At the time, Juul suggested that the early onset of puberty in the US was likely related to an increased incidence of childhood obesity, something that had not occurred in Denmark.
Since the 1970s, obesity has been linked to the early onset of menstruation. Numerous studies since then have established that girls who are overweight or obese tend to start menstruating at a younger age than girls of average weight.
“I think few today question that obesity is a major contributor to early puberty,” said Dr. Natalie Shaw, a pediatric endocrinologist at the National Institute of Environmental Health Sciences and a scholar of the effects of obesity on puberty.
Even so, she added, many girls who reach puberty early are not overweight.
“Obesity doesn’t explain everything,” Shaw said. “It’s happening too quickly.”
Exposure to chemicals
Juul has become one of the biggest proponents of an alternative theory: that the explanation lies in exposure to chemicals. He said the girls who had developed breasts earlier in his 2009 study had the highest levels of phthalates in their urine. Phthalates are substances used to increase the durability of plastics. They are found in everything from vinyl flooring to food packaging.
Phthalates are part of a broader class of chemicals known as endocrine disruptors, which can affect the behavior of hormones and which in recent decades have become widespread in the environment. But the evidence that they are driving precocious puberty is unclear.
In a review article published last month, Juul and a team of researchers analyzed hundreds of studies on endocrine disruptors and their effects on puberty.

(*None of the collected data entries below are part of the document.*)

-- ===== src/Tuple/Decode.antt =====
-- src/tuple/codec.ts: the class `Parser` and `unpack`. The state of the parser is the list of the
-- bytes that it has not read; its `#offset` is the length of the input less theirs, so a failure
-- carries their number until `unpack` turns it into an offset.
use foundationdb_effect.Prelude.{
  ℕ, zero, suc, ◌+◌, ◌-◌, ◌*◌, Bool, true, false, not, ◌&&◌, ◌||◌, List, [], ◌∷◌, ◌++◌, ltb, leb,
  ◌==◌, if◌then◌else◌, length, take, drop, map, bit_and, bit_xor, Option, none, some,
}
use foundationdb_effect.Prelude.Int.{pos, neg_ℕ}
use foundationdb_effect.Prelude.Result.{Result, ok, err, ◌>>=◌, map_ok, map_err}
use foundationdb_effect.Bytes.{Bytes}
use foundationdb_effect.Tuple.Values.{
  TupleValue, Tuple, null, boolean, bytes, string, bigint, number, float32, uuid, versionstamp,
  nested, nil, push_value, TupleError, unpack_error, out_of_fuel, UnpackReason, truncated_tuple,
  unterminated_value, invalid_utf8, unsupported_code, unterminated_nested_tuple, from_be,
}
use foundationdb_effect.Tuple.Encode.{Utf8, complement}

abbrev pub Parsed {ℓ} : Type ℓ → Type ℓ
Parsed A = Result TupleError (A × Bytes)

-- `#fail`
abbrev fail {ℓ} : {A : Type ℓ} → UnpackReason → Bytes → Parsed A
fail reason left = err (unpack_error reason (length left))

-- `#readByte`
unfoldable pub read_byte : Bytes → Parsed ℕ
read_byte [] = fail truncated_tuple []
read_byte (byte ∷ left) = ok (byte, left)

-- `#read`
unfoldable pub read : ℕ → Bytes → Parsed Bytes
read n left =
    if ltb (length left) n then fail truncated_tuple left else ok (take n left, drop n left)

-- The loop of `#readEscaped`
unfoldable pub read_escaped : Bytes → Bytes → Parsed Bytes
read_escaped value [] = fail unterminated_value []
read_escaped value (byte ∷ []) =
    let longer = read_escaped (value ++ byte ∷ []) [] in
    if not (byte == 0x00) then longer else ok (value, [])
read_escaped value (byte ∷ next ∷ left) =
    let longer = read_escaped (value ++ byte ∷ []) (next ∷ left) in
    let escaped = read_escaped (value ++ 0x00 ∷ []) left in
    if not (byte == 0x00) then longer else if next == 0xff then escaped else ok (value, next ∷ left)

-- The loop of `#readInteger` over the magnitude.
unfoldable pub fold_magnitude : Bool → ℕ → Bytes → ℕ
fold_magnitude negative magnitude [] = magnitude
fold_magnitude negative magnitude (byte ∷ encoded) =
    fold_magnitude negative (magnitude * 256 + (if negative then complement byte else byte)) encoded

-- `Math.abs(code - INTEGER_ZERO)`
abbrev pub distance : ℕ → ℕ → ℕ
distance a b = if ltb a b then b - a else a - b

-- The length of the magnitude: in the next byte, or in the type code.
unfoldable pub read_integer_length : ℕ → Bytes → Parsed ℕ
read_integer_length type_code left =
    if type_code == 0x0b
    then map_ok (λ (byte, left'). (complement byte, left')) (read_byte left)
    else if type_code == 0x1d
    then read_byte left
    else ok (distance type_code 0x14, left)

-- `#readInteger`
unfoldable pub read_integer : ℕ → Bytes → Parsed TupleValue
read_integer type_code left =
    let negative = ltb type_code 0x14 in
    do
      (size, left₁) ← read_integer_length type_code left
      (encoded, left₂) ← read size left₁
      let magnitude = fold_magnitude negative 0 encoded
      ok (bigint (if negative then neg_ℕ magnitude else pos magnitude), left₂)

-- The byte changes of `#readOrderedFloat`.
unfoldable pub restore_float : Bytes → Bytes
restore_float [] = []
restore_float (b ∷ bs) =
    if not (bit_and b 0x80 == 0) then bit_xor b 0x80 ∷ bs else map complement (b ∷ bs)

-- `#readOrderedFloat`
unfoldable pub read_ordered_float : ℕ → Bytes → Parsed Bytes
read_ordered_float n left =
    map_ok (λ (encoded, left'). (restore_float encoded, left')) (read n left)

abbrev wrap {ℓ} : {A : Type ℓ} → (A → TupleValue) → Parsed A → Parsed TupleValue
wrap f parsed = map_ok (λ (a, left). (f a, left)) parsed

-- The outcome of `textDecoder.decode`.
abbrev pub text_of : Option (List ℕ) → Bytes → Parsed TupleValue
text_of (some units) left = ok (string units, left)
text_of none left = fail invalid_utf8 left

-- `#offset` in place of the number of bytes left.
abbrev pub locate : ℕ → TupleError → TupleError
locate total (unpack_error reason left) = unpack_error reason (total - left)
locate total e = e

module _ (utf8 : Utf8) where
  -- `#readValue`; the first argument is `#readTuple(true)`. The codes of the switch are all
  -- different, so the order of the tests does not matter.
  unfoldable pub read_value : (Bytes → Parsed Tuple) → ℕ → Bytes → Parsed TupleValue
  read_value read_nested type_code left =
      if type_code == 0x00
      then ok (null, left)
      else if type_code == 0x01
      then wrap bytes (read_escaped [] left)
      else if type_code == 0x02
      then read_escaped [] left >>= (λ (encoded, left'). text_of (utf8.decode encoded) left')
      else if type_code == 0x05
      then wrap nested (read_nested left)
      else if type_code == 0x14
      then ok (bigint (pos 0), left)
      else if type_code == 0x20
      then wrap (λ b. float32 (from_be 0 b)) (read_ordered_float 4 left)
      else if type_code == 0x21
      then wrap (λ b. number (from_be 0 b)) (read_ordered_float 8 left)
      else if type_code == 0x26
      then ok (boolean false, left)
      else if type_code == 0x27
      then ok (boolean true, left)
      else if type_code == 0x30
      then wrap uuid (read 16 left)
      else if type_code == 0x33
      then wrap versionstamp (read 12 left)
      else if leb 0x0c type_code && leb type_code 0x1c || type_code == 0x0b || type_code == 0x1d
      then read_integer type_code left
      else fail (unsupported_code type_code) left

  -- The loop of `#readTuple`. Each round reads a byte at least.
  unfoldable pub read_tuple : ℕ → Bool → Tuple → Bytes → Parsed Tuple
  read_tuple zero in_tuple values left = err out_of_fuel
  read_tuple (suc fuel) in_tuple values [] =
      if in_tuple then fail unterminated_nested_tuple [] else ok (values, [])
  read_tuple (suc fuel) in_tuple values (type_code ∷ []) =
      let finished : Parsed Tuple = ok (values, []) in
      let continued = (do
        (value, left') ← read_value (read_tuple fuel true nil) type_code []
        read_tuple fuel in_tuple (push_value values value) left') in
      if in_tuple && type_code == 0x00 then finished else continued
  read_tuple (suc fuel) in_tuple values (type_code ∷ next ∷ left) =
      let escaped_null = read_tuple fuel in_tuple (push_value values null) left in
      let finished : Parsed Tuple = ok (values, next ∷ left) in
      let continued = (do
        (value, left') ← read_value (read_tuple fuel true nil) type_code (next ∷ left)
        read_tuple fuel in_tuple (push_value values value) left') in
      if in_tuple && type_code == 0x00
      then (if next == 0xff then escaped_null else finished)
      else continued

  -- `unpack` with no schema
  unfoldable pub unpack : Bytes → Result TupleError Tuple
  unpack input =
      map_err (locate (length input))
        (map_ok (λ (values, left). values) (read_tuple (suc (length input)) false nil input))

The methods used in the studies varied widely: some were done with boys, some with girls, and children were tested for many different chemicals at different ages of exposure.
In the end, the analysis included 23 studies that were sufficiently similar to allow comparisons, but failed to prove a clear link between any individual chemical and age at puberty.

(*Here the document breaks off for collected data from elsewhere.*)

-- ===== src/Tuple/Magnitude.antt =====
-- Magnitudes as bytes: `magnitudeBytes`, its complement and how `#readInteger` folds them.
use foundationdb_effect.Prelude.{
  ℕ, zero, suc, ◌+◌, ◌-◌, ◌*◌, ◌/◌, ◌<◌, ◌≤◌, ◌≡◌, refl, ap, ◌∙◌, true, false, [], ◌∷◌, ◌++◌, arith,
  ◌==◌, Bool-cases, inl, inr, reverse, map, length, All-append, length-append, take-length_append,
  drop-length_append,
}
use mathlib.Core.List.{reverse-cons}
use foundationdb_effect.Prelude.Result.{ok}
use foundationdb_effect.Prelude.Table.{complement-eq-sub}
use foundationdb_effect.Bytes.{Bytes, IsBytes}
use foundationdb_effect.Tuple.Encode.{complement, magnitude_loop, magnitude_bytes}
use foundationdb_effect.Tuple.Decode.{read, fold_magnitude}

abbrev low_first : Bytes → ℕ
low_first [] = 0
low_first (b ∷ bs) = b + 256 * low_first bs

low_first-magnitude_loop : (fuel n : ℕ) → n ≤ fuel → low_first (magnitude_loop fuel n) ≡ n
unfolding magnitude_loop
low_first-magnitude_loop zero n h = omega arith
low_first-magnitude_loop (suc fuel) n h = elim (Bool-cases (n == 0)) [
  | inl z ↦ rw z (ground arith)
  | inr p ↦ rw p (ground (arith, low_first-magnitude_loop fuel (n / 256)))
]

magnitude_loop-IsBytes : (fuel n : ℕ) → IsBytes (magnitude_loop fuel n)
unfolding magnitude_loop
magnitude_loop-IsBytes zero n = tt
magnitude_loop-IsBytes (suc fuel) n = elim (Bool-cases (n == 0)) [
  | inl z ↦ rw z tt
  | inr p ↦ rw p (omega arith, magnitude_loop-IsBytes fuel (n / 256))
]

reverse-IsBytes : (bs : Bytes) → IsBytes bs → IsBytes (reverse bs)
reverse-IsBytes [] h = tt
reverse-IsBytes (b ∷ bs) h =
    rw reverse-cons
      (All-append (λ x. x < 256) (reverse bs) (b ∷ []) (reverse-IsBytes bs h.1) (h.0, tt))

fold_magnitude-snoc :
    (m : ℕ) (bs : Bytes) (b : ℕ)
    → fold_magnitude false m (bs ++ b ∷ []) ≡ fold_magnitude false m bs * 256 + b
unfolding fold_magnitude
fold_magnitude-snoc m [] b = refl
fold_magnitude-snoc m (c ∷ bs) b = fold_magnitude-snoc (m * 256 + c) bs b

fold_magnitude-reverse : (bs : Bytes) → fold_magnitude false 0 (reverse bs) ≡ low_first bs
fold_magnitude-reverse [] = unfold fold_magnitude in refl
fold_magnitude-reverse (b ∷ bs) =
    rw (reverse-cons, fold_magnitude-snoc 0 (reverse bs) b, fold_magnitude-reverse bs) (omega arith)

pub magnitude_bytes-IsBytes : (n : ℕ) → IsBytes (magnitude_bytes n)
unfolding magnitude_bytes
magnitude_bytes-IsBytes n = reverse-IsBytes (magnitude_loop n n) (magnitude_loop-IsBytes n n)

-- The magnitude is read back from its bytes.
pub fold-magnitude_bytes : (n : ℕ) → fold_magnitude false 0 (magnitude_bytes n) ≡ n
unfolding magnitude_bytes
fold-magnitude_bytes n =
    fold_magnitude-reverse (magnitude_loop n n) ∙ low_first-magnitude_loop n n (omega arith)

pub complement_twice : (b : ℕ) → b < 256 → complement (complement b) ≡ b
complement_twice b h =
    rw (complement-eq-sub b h, complement-eq-sub (255 - b) (omega arith)) (omega arith)

-- So it is from the complemented bytes of a negative number.
pub fold_complemented :
    (m : ℕ) (bs : Bytes)
    → IsBytes bs
    → fold_magnitude true m (map complement bs) ≡ fold_magnitude false m bs
unfolding fold_magnitude
fold_complemented m [] h = refl
fold_complemented m (b ∷ bs) h =
    ap (λ t. fold_magnitude true (m * 256 + t) (map complement bs)) (complement_twice b h.0)
    ∙ fold_complemented (m * 256 + b) bs h.1

pub length-map-complement : (bs : Bytes) → length (map complement bs) ≡ length bs
length-map-complement [] = refl
length-map-complement (b ∷ bs) = ap suc (length-map-complement bs)

pub read-append : (n : ℕ) (u left : Bytes) → length u ≡ n → read n (u ++ left) ≡ ok (u, left)
unfolding read
read-append n u left e =
    rw (← e, take-length_append u left, drop-length_append u left)
      (ground (arith, length-append u left))

-- A signed number from its sign and its magnitude.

“The big takeaway is that there are few publications and data to explore this question in depth,” said Russ Hauser, an environmental epidemiologist at the Harvard T.H. Chan School of Public Health and a co-author of the analysis.
This paucity of data has led many scientists to view the theory with skepticism, said Hauser, who recently published a paper on how endocrine disruptors affect puberty in boys. “We don’t have enough data to make a strong case for a specific class of chemicals.”
Stress and lifestyle
Other factors may also be involved in precocious puberty, at least among girls. Early childhood sexual abuse has been linked to the early onset of puberty. But it is difficult to determine causality.
Stress and trauma can trigger early development, or, as Herman-Giddes theorized decades ago, girls who develop physically earlier may be more vulnerable to abuse.
Girls whose mothers have a history of mood disorders also appear to be likely to start puberty earlier, as do girls who do not live with their biological father. Lifestyle factors such as lack of physical activity have also been linked to changes at the time of puberty.
And during the pandemic, pediatric endocrinologists around the world have seen more cases of precocious puberty among girls.
A study published in Italy in February showed that 328 girls were treated for precocious puberty at five clinics in the country during a seven-month period in 2020, compared to 140 in the same period in 2019. (No change was observed among boys ). According to informal observations, the same thing may be happening in India, Turkey and the United States.
“I’ve asked my colleagues across the country and several of them say they’re seeing a similar trend,” said Dr. Paul Kaplowitz, professor emeritus of pediatrics at National Children’s Hospital in Washington.
It is unclear whether the trend was caused by increased stress, a more sedentary lifestyle, or a closer relationship between parents and children, which would have allowed them to observe early changes.
More likely, several factors are contributing simultaneously. And many of these issues disproportionately impact lower-income families, a fact that researchers say may help explain racial differences at the onset of puberty in the United States.